What Are the Differences between Bookkeeping and Accounting?
Bookkeeping vs Accounting
Many people think that bookkeeping is the same as accounting. It’s not! There are some similarities, but there are many, many differences.
Bookkeepers track sales and expenses, while accountants analyze these records to create reports that summarize financial data.
Accounting is more than bookkeeping and reporting. It also includes payroll, insurance, legal, marketing, and other necessary accounting duties. Bookkeepers provide an important function that is vital for the business’s financial success and health. When we provide accounting services, we are creating an organized financial record for our clients.
There are significant differences between the objectives and purposes of both activities, although they both follow each other. In this post, we will learn about both concepts and figure out what makes them different from each other.
Bookkeeping is an activity related to recording the financial data relating to business operations in a significant and orderly manner. It covers the procedural aspect of the record-keeping function. Financial statements are the end product of the bookkeeping and record-keeping function.
A bookkeeper is responsible for keeping all business records or its segments, like customers’ accounts, suppliers’ accounts etc. A substantial nature of the bookkeeper’s work is clerical. Accounting is based on a careful and efficient bookkeeping system.
The basic goal of accounting is to demonstrate the precise location of each line item of revenue and cost. For instance, an owner may make purchases both in cash and on credit. When he purchases on credit, he will want to know who is owed money and how much from time to time. If adequate records are not kept, it will be challenging to obtain precise details about each transaction.
At the end of the accounting period, the proprietor wants to know the profit earned or loss suffered in the business activity. For this purpose, a lot of information is needed, which can be obtained from the proper record-keeping system. Hence, bookkeeping is an indispensable part of any business activity.

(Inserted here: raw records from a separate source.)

-- ===== src/Retrieval/Decisions.antt =====
-- What `before` of orchestrator/retrieval_progress.py lets through, and what a refusal costs.
use agi_inspired.Prelude.{
  ℕ, ◌+◌, ◌≤◌, ◌<◌, ◌≡◌, ◌≢◌, ◌↔◌, ◌⊎◌, inl, inr, Bool, true, false, Option, none, some, ◌==◌,
  arith,
}
use agi_inspired.Prelude.Text.{Text, lower, contains}
use agi_inspired.Retrieval.Policy.{
  at, put, tool_stage, non_retrieval_setup_tools, opaque_retrieval_proxies,
}
use agi_inspired.Retrieval.State.{
  Refusal, Reason, call_budget_reached, Controller, research_complete, setup_exhausted, delegation,
  retrieval_exhausted, wrong_stage, budget_spent,
}
use agi_inspired.Retrieval.Controller.{refuse, advance, before_setup, before_retrieval, before}
use agi_inspired.Retrieval.Stages.{tool_stage-lt}

-- A tool that is neither a setup tool nor a delegation, so that its calls are metered.
abbrev pub IsMetered : Text → Type 0
IsMetered t =
    (contains non_retrieval_setup_tools (lower t) ≡ false)
    × (contains opaque_retrieval_proxies (lower t) ≡ false)

-- A metered call is let through exactly when it is one of the current stage and the stage's budget
-- covers it beside the calls that ran and those in flight. The only change is then its reservation.
before_lets_through :
    (t : Text) (c : Controller)
    → IsMetered t
    → (((before t c).1 ≡ none) ↔ (
        (tool_stage t ≡ c.state.stage)
        × (at c.state.calls c.state.stage + at c.state.reserved c.state.stage
            < at c.policy.max_calls c.state.stage)))
      × ((before t c).1 ≡ none
          → (before t c).0 ≡ record c {
            state = record c.state {
              reserved =
                  put c.state.reserved (tool_stage t) (at c.state.reserved (tool_stage t) + 1);
            };
          })
unfolding before before_retrieval
before_lets_through t c m = (
  (λ h. ground (arith, tool_stage-lt t), λ h. ground (arith, tool_stage-lt t)),
  λ h. ground (arith, tool_stage-lt t),
)

-- What a refusal keeps: the calls, the reservations, the setup calls and the evidence.
abbrev pub SameUse : Controller → Controller → Type 0
SameUse c d =
    (d.state.calls ≡ c.state.calls)
    × (d.state.reserved ≡ c.state.reserved)
    × (d.state.setup_calls ≡ c.state.setup_calls)
    × (d.evidence ≡ c.evidence)

pub refuse_lem :
    (t : Text) (r : Refusal) (v : Option Bool) (c : Controller)
    → SameUse c (refuse t r v c).0
      × ((refuse t r v c).0.state.rejected_calls ≡ c.state.rejected_calls + 1)
      × ((refuse t r v c).1.count ≡ c.state.rejected_calls + 1)
unfolding refuse
refuse_lem t r v c = ground arith

advance-SameUse :
    (stage : ℕ) (r : Reason) (c : Controller)
    → SameUse c (advance stage r c)
      × ((advance stage r c).state.rejected_calls ≡ c.state.rejected_calls)
unfolding advance
advance-SameUse stage r c = ground arith

-- A call that is refused, whatever the tool and the ground, takes nothing from any budget and is
-- counted once as rejected, with that count in the answer.
before_refuses :
    (t : Text) (c : Controller)
    → (before t c).1 ≢ none
    → SameUse c (before t c).0 × ((before t c).0.state.rejected_calls ≡ c.state.rejected_calls + 1)
unfolding before before_retrieval before_setup
before_refuses t c h = ground (
  arith,
  refuse_lem t research_complete none c,
  refuse_lem t setup_exhausted none c,
  refuse_lem t delegation none c,
  refuse_lem t retrieval_exhausted none c,
  refuse_lem t wrong_stage (some (at c.state.reserved (tool_stage t) == 0)) c,
  refuse_lem t budget_spent none (advance (tool_stage t) call_budget_reached c),
  advance-SameUse (tool_stage t) call_budget_reached c,
)

-- Outside a batch, or at the first violation in one, a refusal ends the turn exactly when it is the
-- last one that the policy allows, by either ceiling.
refuse-terminal :
    (t : Text) (r : Refusal) (c : Controller)
    → (c.state.batch_active ≡ false) ⊎ (c.state.batch_redirect_violation_counted ≡ false)
    → ((refuse t r none c).1.terminal ≡ true) ↔ (
        (c.policy.max_redirect_violations ≤ c.state.redirect_violations + 1)
        ⊎ (c.policy.max_rejected_calls ≤ c.state.rejected_calls + 1))
unfolding refuse
refuse-terminal t r c (inl h) = (λ e. ground arith, λ e. ground arith)
refuse-terminal t r c (inr h) = (λ e. ground arith, λ e. ground arith)

-- Two refusals in one batch: the second raises no violation and never ends the turn.
refuse_in_batch :
    (t u : Text) (r q : Refusal) (v : Option Bool) (c : Controller)
    → c.state.batch_active ≡ true
    → let first = (refuse t r none c).0 in
      ((refuse u q v first).1.terminal ≡ false)
      × ((refuse u q v first).0.state.redirect_violations ≡ first.state.redirect_violations)
unfolding refuse
refuse_in_batch t u r q none c h = ground arith
refuse_in_batch t u r q (some true) c h = ground arith
refuse_in_batch t u r q (some false) c h = ground arith
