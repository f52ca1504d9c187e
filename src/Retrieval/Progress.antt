-- ===== src/Retrieval/Progress.antt =====
-- What a result does to the stage in orchestrator/retrieval_progress.py.
use agi_inspired.Prelude.{
  ℕ, zero, suc, ◌+◌, ◌≤◌, ◌<◌, ◌≡◌, ◌≢◌, ◌⊎◌, Bool, false, Option, none, [], if◌then◌else◌, or_else,
  arith,
}
use agi_inspired.Prelude.Text.{Text}
use agi_inspired.Retrieval.Policy.{at, put, tool_stage}
use agi_inspired.Retrieval.State.{call_budget_reached, low_novelty, Controller, write_audit, trace}
use agi_inspired.Retrieval.After.{
  settle_call, remember, keep_evidence, count_novelty, account, transition_reason, finish_call,
  after, is_novel,
}
use agi_inspired.Retrieval.Stages.{IsUsable, MovesOn, tool_stage-lt, advance_current}

module _ (sha256 : Text → Text) (canonical_url : Text → Text) where
  pub account-stage :
      (t : Text) (stage : ℕ) (text : Text) (failed : Bool) (c : Controller)
      → ((account sha256 canonical_url t stage text failed c).state.stage ≡ c.state.stage)
        × ((account sha256 canonical_url t stage text failed c).policy ≡ c.policy)
  unfolding account keep_evidence remember count_novelty settle_call write_audit trace
  account-stage t stage text failed c = ground arith

  -- The result of a call from an earlier stage never moves the stage.
  pub after_stale :
      (t : Text) (result : Option Text) (failed : Bool) (c : Controller)
      → tool_stage t ≢ c.state.stage
      → ((after sha256 canonical_url t result failed c).0.state.stage ≡ c.state.stage)
        × ((after sha256 canonical_url t result failed c).1 ≡ none)
  unfolding after finish_call
  after_stale t result failed c stale =
      ground (arith, account-stage t (tool_stage t) (or_else result []) failed c)

  -- The counters of the call's own rung after the accounting.
  account-counts :
      (t : Text) (stage : ℕ) (text : Text) (failed : Bool) (c : Controller)
      → let s = (account sha256 canonical_url t stage text failed c).state in
        (at s.calls stage ≡ at c.state.calls stage + 1)
        × (s.low_novelty_streak ≡ (
            if is_novel sha256 canonical_url c.policy c.state stage text failed
            then 0
            else c.state.low_novelty_streak + 1))
  unfolding account keep_evidence remember count_novelty settle_call write_audit trace at put
  account-counts t zero text failed c = ground arith
  account-counts t (suc zero) text failed c = ground arith
  account-counts t (suc (suc n)) text failed c = ground arith

  -- The current rung is over with this result: its budget is spent, or novelty has been low for long.
  abbrev pub IsOver : Controller → Text → Bool → Type 0
  IsOver c text failed =
      (at c.policy.max_calls c.state.stage ≤ at c.state.calls c.state.stage + 1)
      ⊎ (c.policy.low_novelty_limit ≤ (
          if is_novel sha256 canonical_url c.policy c.state c.state.stage text failed
          then 0
          else c.state.low_novelty_streak + 1))

  finish_call-decides :
      (stage : ℕ) (c : Controller)
      → stage < 3
      → c.state.stage ≡ stage
      → (at c.policy.max_calls stage ≤ at c.state.calls stage)
        ⊎ (c.policy.low_novelty_limit ≤ c.state.low_novelty_streak)
      → (stage < (finish_call stage false c).0.state.stage)
        × IsUsable c.policy.max_calls (finish_call stage false c).0.state.stage
  unfolding finish_call transition_reason
  finish_call-decides stage c lt e over =
      ground (arith, advance_current call_budget_reached c, advance_current low_novelty c)

  finish_call-stays :
      (stage : ℕ) (c : Controller)
      → ¬ (
          (at c.policy.max_calls stage ≤ at c.state.calls stage)
          ⊎ (c.policy.low_novelty_limit ≤ c.state.low_novelty_streak))
      → finish_call stage false c ≡ (c, none)
  unfolding finish_call transition_reason
  finish_call-stays stage c not_over = ground arith

  module _ (t : Text) (result : Option Text) (failed : Bool) (c : Controller) where
    -- A result of the current stage that ends the rung moves on to a usable stage.
    after_over :
        tool_stage t ≡ c.state.stage
        → IsOver c (or_else result []) failed
        → (c.state.stage < (after sha256 canonical_url t result failed c).0.state.stage)
          × IsUsable c.policy.max_calls (after sha256 canonical_url t result failed c).0.state.stage
    unfolding after
    after_over current over = ground (
      arith,
      tool_stage-lt t,
      account-stage t (tool_stage t) (or_else result []) failed c,
      account-counts t (tool_stage t) (or_else result []) failed c,
      finish_call-decides (tool_stage t)
          (account sha256 canonical_url t (tool_stage t) (or_else result []) failed c),
    )

    -- A result of the current stage that does not end the rung leaves the stage as it is.
    after_not_over :
        tool_stage t ≡ c.state.stage
        → ¬ IsOver c (or_else result []) failed
        → ((after sha256 canonical_url t result failed c).0.state.stage ≡ c.state.stage)
          × ((after sha256 canonical_url t result failed c).1 ≡ none)
    unfolding after
    after_not_over current not_over = ground (
      arith,
      account-stage t (tool_stage t) (or_else result []) failed c,
      account-counts t (tool_stage t) (or_else result []) failed c,
      finish_call-stays (tool_stage t)
          (account sha256 canonical_url t (tool_stage t) (or_else result []) failed c),
    )

  -- A result moves the stage forward, to a usable stage, or not at all.
  pub after-stage :
      (t : Text) (result : Option Text) (failed : Bool) (c : Controller)
      → MovesOn c.policy.max_calls c.state.stage
          (after sha256 canonical_url t result failed c).0.state.stage
        × ((after sha256 canonical_url t result failed c).0.policy ≡ c.policy)
  unfolding after finish_call
  after-stage t result failed c = ground (
    arith,
    account-stage t (tool_stage t) (or_else result []) failed c,
    tool_stage-lt t,
    advance_current call_budget_reached
        (account sha256 canonical_url t (tool_stage t) (or_else result []) failed c),
    advance_current low_novelty
        (account sha256 canonical_url t (tool_stage t) (or_else result []) failed c),
  )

How is accounting different from bookkeeping?
Accounting is a broader term than bookkeeping. Accounting needs a greater understanding of records obtained from bookkeeping and the ability to analyse and interpret the information supplied by book-bookkeeping.
BookkBookkeepinghe recording phase, whereas accounting is concerned with the summarising phase of the accounting system. We can say that accounting follows bookkeeping.
Now we shall elaborate on some crucial differences between accounting and bookkeeping:
|1.||It is a process concerned with the recording of transactions.||It is a process concerned with the summarising of recorded transactions.|
|2.||It provides the base for accounting.||It is considered the language of business.|
|3.||It is not part of the financial statement.||Financial statements are prepared in the process of accounting based on bookkeeping.|
|4.||It does not help the management in decision making.||Management makes decisions based on accounting records.|
|5.||There is no sun field of accounting.||There are a lot of sub-fields of financial accounting like financial accounting, corporate accounting, cost and management accounting, etc.|
|6.||The financial position of a business cannot be assessed through bookkeeping.||The financial position of a business organisation is ascertained based on an accounting record.|
|7.||It does not require a high level of skill and knowledge to manage bookkeeping.||Good knowledge and experience are required to prepare and manage the accounting record.|
Hence, we can see that accounting and bookkeeping are different terms. Yet, there is an inter-relationship between accounting and bookkeeping.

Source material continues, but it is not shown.